AVL List GmbH, Graz, Austria

Paper No. ICEF2010-35098, pp. 525-532; 8 pages
  • ASME 2010 Internal Combustion Engine Division Fall Technical Conference
  • ASME 2010 Internal Combustion Engine Division Fall Technical Conference
  • San Antonio, Texas, USA, September 12–15, 2010
  • Conference Sponsors: Internal Combustion Engine Division
  • ISBN: 978-0-7918-4944-6 | eISBN: 978-0-7918-3882-2
  • Copyright © 2010 by ASME


Gasoline engines have perfect emissions quality in stationary part load operation — how to ensure such ideal operation also at engine start, at tip-in tip-out, and at full load conditions? Key to the solution of these issues is the optimum use of components for mixture formation, combustion and exhaust gas aftertreatment with the focus on actuator calibration yielding reliable and low emissions combustion under transient operating conditions. Conventional testing of actuator parameter settings for such transients is evaluated with engine out emissions measurements.

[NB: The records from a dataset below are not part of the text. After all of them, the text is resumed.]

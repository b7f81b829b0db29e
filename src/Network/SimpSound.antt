-- ===== src/Network/SimpSound.antt =====
-- `simpMergeNetwork` of src/pme/util/sorting_network.cpp: every call with a positive bound returns,
-- with a network that keeps its promise.
use pme.Base.{
  ℕ, zero, suc, ◌+◌, ◌-◌, ◌/◌, ◌%◌, ◌≤◌, ◌<◌, ◌≡◌, refl, sym, ap, subst, Bool, true, ◌||◌,
  if◌then◌else◌, List, [], ◌∷◌, ◌++◌, length, length-take, take, arith, Result, ok, Returns,
  Bool-cases, inl, inr, ==_iff, leb→le, leb, ◌==◌,
}
use pme.Literal.{PmeId}
use pme.Variables.{VariableManager}
use pme.Network.{CnfNetwork, take_odd, take_even}
use pme.Network.Build.{Built, wires, merge}
use pme.Network.Simplified.{
  SimpMerge, zip_even_bound, zip_odd_bound, simp_merge_halves, simp_merge_cases, simp_merge_ordered,
  simp_merge_network, simp_merge,
}
use pme.Network.Prefix.{length-take_even, length-take_odd}
use pme.Network.MergeSound.{merge-IsMerge, non_empty}
use pme.Network.Bounded.{Caps, disjunction_lem, zip_odd_bound-Caps, zip_even_bound-Caps}
use pme.Network.SimpHalves.{
  IsSimpMerge, IsSimpMerge-symm, IsSimpMerge-take, IsMerge-IsSimpMerge, IsSimpMerge-nil,
  IsSimpMerge-one, IsSimpMerge-halves,
}

-- The two ends of the recursive case.
abbrev bound_end : ℕ → List PmeId → List PmeId → Bool → Bool → VariableManager → Result Built
bound_end c z_even z_odd le ge vm =
    if c % 2 == 0
    then zip_even_bound c z_even z_odd le ge vm
    else zip_odd_bound c z_even z_odd le ge vm

bound_end-Caps :
    (c : ℕ) (e : PmeId) (es os : List PmeId) (le ge : Bool) (vm : VariableManager)
    → (le || ge) ≡ true
    → 0 < c
    → length es ≡ c / 2
    → length os ≡ c / 2
    → Caps (c - 1) e es os le ge (bound_end c (e ∷ es) os le ge vm)
bound_end-Caps c e es os le ge vm either pos h k = elim (Bool-cases (c % 2 == 0)) [
  | inl even ↦ rw even (zip_even_bound-Caps c e le ge vm either es os ((==_iff _ _).0 even) pos h k)
  | inr odd ↦ rw odd (zip_odd_bound-Caps c e es os le ge vm either (ground arith) h k)
]

-- The run of the recursive case, from the runs of its parts.
simp_merge_halves-run :
    (rec : SimpMerge) (xs ys : List PmeId) (c : ℕ) (le ge : Bool) (vm vm' : VariableManager)
    (odd even : Built) (net : CnfNetwork)
    → rec (take_odd xs) (take_odd ys) (c / 2) le ge vm ≡ ok odd
    → rec (take_even xs) (take_even ys) (c / 2 + 1) le ge odd.1 ≡ ok even
    → bound_end c even.0.outputs odd.0.outputs le ge even.1 ≡ ok (net, vm')
    → simp_merge_halves rec xs ys c le ge vm
      ≡ ok (
        record { outputs = net.outputs; clauses = odd.0.clauses ++ even.0.clauses ++ net.clauses },
        vm',
      )
unfolding simp_merge_halves
simp_merge_halves-run rec xs ys c le ge vm vm' odd even net r₁ r₂ r₃ =
    let odd_size : (if c % 2 == 0 then c / 2 else (c - 1) / 2) ≡ c / 2 = ground arith in
    let even_size : (if c % 2 == 0 then c / 2 + 1 else (c + 1) / 2) ≡ c / 2 + 1 = ground arith in
    rw (odd_size, even_size, r₁, r₂, r₃)

module _ (le ge : Bool) (either : (le || ge) ≡ true) (rec : SimpMerge) (n : ℕ)
    (ih : (xs ys : List PmeId) (c : ℕ) (vm : VariableManager)
      → 0 < c
      → length xs + length ys < n
      → Returns (rec xs ys c le ge vm) (λ r. IsSimpMerge xs ys c le ge r.0)) where
  abbrev SimpMerges : List PmeId → List PmeId → ℕ → Result Built → Type 0
  SimpMerges xs ys c m = Returns m (λ r. IsSimpMerge xs ys c le ge r.0)

  simp_merge_halves-IsSimpMerge :
      (xs ys : List PmeId) (c : ℕ) (vm : VariableManager)
      → 0 < length xs
      → 1 < c
      → length xs ≤ length ys
      → length ys ≤ c
      → c < length xs + length ys
      → length xs + length ys ≤ n
      → SimpMerges xs ys c (simp_merge_halves rec xs ys c le ge vm)
  simp_merge_halves-IsSimpMerge xs ys c vm pos large l k more h =
      let (odd, r₁, m₁) =
        ih (take_odd xs) (take_odd ys) (c / 2) vm (omega arith)
          (omega (arith, length-take_odd xs, length-take_odd ys)) in
      let (even, r₂, m₂) =
        ih (take_even xs) (take_even ys) (c / 2 + 1) odd.1 (omega arith)
          (omega (arith, length-take_even xs, length-take_even ys)) in
      let evens : length even.0.outputs ≡ c / 2 + 1 =
        omega (arith, m₂.size, length-take_even xs, length-take_even ys) in
      let odds : length odd.0.outputs ≡ c / 2 =
        omega (arith, m₁.size, length-take_odd xs, length-take_odd ys) in
      let (e, es, cons) = non_empty even.0.outputs (omega arith) in
      let (rest, vm', r₃, capped) =
        bound_end-Caps c e es odd.0.outputs le ge even.1 either (omega arith)
          (omega (arith, ap length cons)) odds in
      let r₃' =
        subst
          (λ es.
            bound_end c es odd.0.outputs le ge even.1
            ≡ ok (record { outputs = e ∷ rest.outputs; clauses = rest.clauses }, vm'))
          (sym cons) r₃ in
      (
        (_, vm'),
        simp_merge_halves-run rec xs ys c le ge vm vm' odd even _ r₁ r₂ r₃',
        IsSimpMerge-halves xs ys c le ge odd.0 even.0 rest e es (omega arith) more m₁ m₂ cons
            capped,
      )

  -- The two cases that the guards of the base cases leave.
  simp_merge_rest :
      (x : PmeId) (xs ys : List PmeId) (c : ℕ) (vm : VariableManager)
      → 1 < c
      → length (x ∷ xs) ≤ length ys
      → length ys ≤ c
      → length (x ∷ xs) + length ys ≤ n
      → SimpMerges (x ∷ xs) ys c (
          if leb (length (x ∷ xs) + length ys) c
          then merge (x ∷ xs) ys le ge vm
          else simp_merge_halves rec (x ∷ xs) ys c le ge vm)
  simp_merge_rest x xs ys c vm large l k h =
      elim (Bool-cases (leb (length (x ∷ xs) + length ys) c)) [
        | inl few ↦
            let (r, run, m) = merge-IsMerge le ge (x ∷ xs) ys vm either in
            (r, rw few run, IsMerge-IsSimpMerge (x ∷ xs) ys c le ge r.0 (leb→le _ _ few) m)
        | inr many ↦ rw many (
            simp_merge_halves-IsSimpMerge (x ∷ xs) ys c vm (omega arith) large l k (ground arith) h)
      ]

  simp_merge_cases-IsSimpMerge :
      (xs ys : List PmeId) (c : ℕ) (vm : VariableManager)
      → 0 < c
      → length xs ≤ length ys
      → length ys ≤ c
      → length xs + length ys ≤ n
      → SimpMerges xs ys c (simp_merge_cases rec xs ys c le ge vm)
  unfolding simp_merge_cases
  simp_merge_cases-IsSimpMerge [] ys c vm pos l k h =
      ((wires ys, vm), refl, IsSimpMerge-nil ys c le ge k)
  simp_merge_cases-IsSimpMerge (x ∷ xs) [] c vm pos l k h = absurd (omega arith)
  simp_merge_cases-IsSimpMerge (x ∷ xs) (y ∷ ys) zero vm pos l k h = absurd (omega arith)
  simp_merge_cases-IsSimpMerge (x ∷ []) (y ∷ []) (suc zero) vm pos l k h =
      (_, disjunction_lem x y le ge vm either, IsSimpMerge-one x y _ le ge)
  simp_merge_cases-IsSimpMerge (x ∷ []) (y ∷ []) (suc (suc c)) vm pos l k h =
      simp_merge_rest x [] (y ∷ []) (suc (suc c)) vm (omega arith) l k h
  simp_merge_cases-IsSimpMerge (x ∷ []) (y ∷ y' ∷ ys) (suc zero) vm pos l k h = absurd (omega arith)
  simp_merge_cases-IsSimpMerge (x ∷ []) (y ∷ y' ∷ ys) (suc (suc c)) vm pos l k h =
      simp_merge_rest x [] (y ∷ y' ∷ ys) (suc (suc c)) vm (omega arith) l k h
  simp_merge_cases-IsSimpMerge (x ∷ x' ∷ xs) (y ∷ ys) (suc zero) vm pos l k h = absurd (omega arith)
  simp_merge_cases-IsSimpMerge (x ∷ x' ∷ xs) (y ∷ ys) (suc (suc c)) vm pos l k h =
      simp_merge_rest x (x' ∷ xs) (y ∷ ys) (suc (suc c)) vm (omega arith) l k h

  simp_merge_ordered-IsSimpMerge :
      (xs ys : List PmeId) (c : ℕ) (vm : VariableManager)
      → 0 < c
      → length xs ≤ length ys
      → length xs + length ys ≤ n
      → SimpMerges xs ys c (simp_merge_ordered rec xs ys c le ge vm)
  unfolding simp_merge_ordered
  simp_merge_ordered-IsSimpMerge xs ys c vm pos l h =
      let cut = length-take c xs in
      let cut' = length-take c ys in
      let t₁ : leb (length (take c xs)) (length (take c ys)) ≡ true = ground arith in
      let t₂ : leb (length (take c ys)) c ≡ true = ground arith in
      let (r, run, m) =
        simp_merge_cases-IsSimpMerge (take c xs) (take c ys) c vm pos (omega arith) (omega arith)
          (omega arith) in
      (r, rw (t₁, t₂, either) run, IsSimpMerge-take xs ys c le ge r.0 m)

module _ (le ge : Bool) (either : (le || ge) ≡ true) where
  simp_merge_network-IsSimpMerge :
      (fuel : ℕ) (xs ys : List PmeId) (c : ℕ) (vm : VariableManager)
      → 0 < c
      → length xs + length ys < fuel
      → Returns (simp_merge_network fuel xs ys c le ge vm) (λ r. IsSimpMerge xs ys c le ge r.0)
  unfolding simp_merge_network
  simp_merge_network-IsSimpMerge zero xs ys c vm pos h = absurd (omega arith)
  simp_merge_network-IsSimpMerge (suc fuel) xs ys c vm pos h =
      let ih = simp_merge_network-IsSimpMerge fuel in
      elim (Bool-cases (leb (length xs) (length ys))) [
        | inl l ↦ rw l (
            simp_merge_ordered-IsSimpMerge le ge either (simp_merge_network fuel) fuel ih xs ys c vm
              pos (leb→le _ _ l) (omega arith))
        | inr l ↦
            let (r, run, m) =
              simp_merge_ordered-IsSimpMerge le ge either (simp_merge_network fuel) fuel ih ys xs c
                vm pos (ground arith) (omega arith) in
            (r, rw l run, IsSimpMerge-symm m)
      ]

pub simp_merge-IsSimpMerge :
    (le ge : Bool) (xs ys : List PmeId) (c : ℕ) (vm : VariableManager)
    → (le || ge) ≡ true
    → 0 < c
    → Returns (simp_merge xs ys c le ge vm) (λ r. IsSimpMerge xs ys c le ge r.0)
unfolding simp_merge
simp_merge-IsSimpMerge le ge xs ys c vm either pos =
    simp_merge_network-IsSimpMerge le ge either (length xs + length ys + 1) xs ys c vm pos
      (omega arith)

Any emissions peaks are well understood to be the result of some specific cycles which suffer from inadequate mixture formation due to limitations of fuel injection, evaporation or air supply. Consequently, improvements are achieved with adaptation of actuator parameters such as fuel injection timing, multiple injections or throttle and boost pressure settings in part load operation. With in-cylinder events being the root cause for emissions related issues, there is demand for diagnostic techniques capable of identifying emissions relevant in-cylinder processes for individual cylinders and on a cycle by cycle basis. This demand is met with the measurement of in-cylinder pressure together with flame radiation intensity. As cylinder pressure signals are evaluated for combustion stability, the simultaneously recorded flame signals provide information on mixture preparation quality. Well premixed charge results in flame radiation signals which are typical for homogeneous turbulent flames. Insufficiently evaporated and partially mixed fuel, especially at engine start, yields flame signals typical for diffusion flames. This simple relation between flame signals and soot formation events provides the basis for measurement techniques enabling mixture formation evaluation for individual cylinders and individual cycles. The application of such in-cylinder pressure and flame measurement techniques to PFI and GDI engines is presented with examples for engine cold start testing. The technique is further applied in the calibration of engine tip-in transients.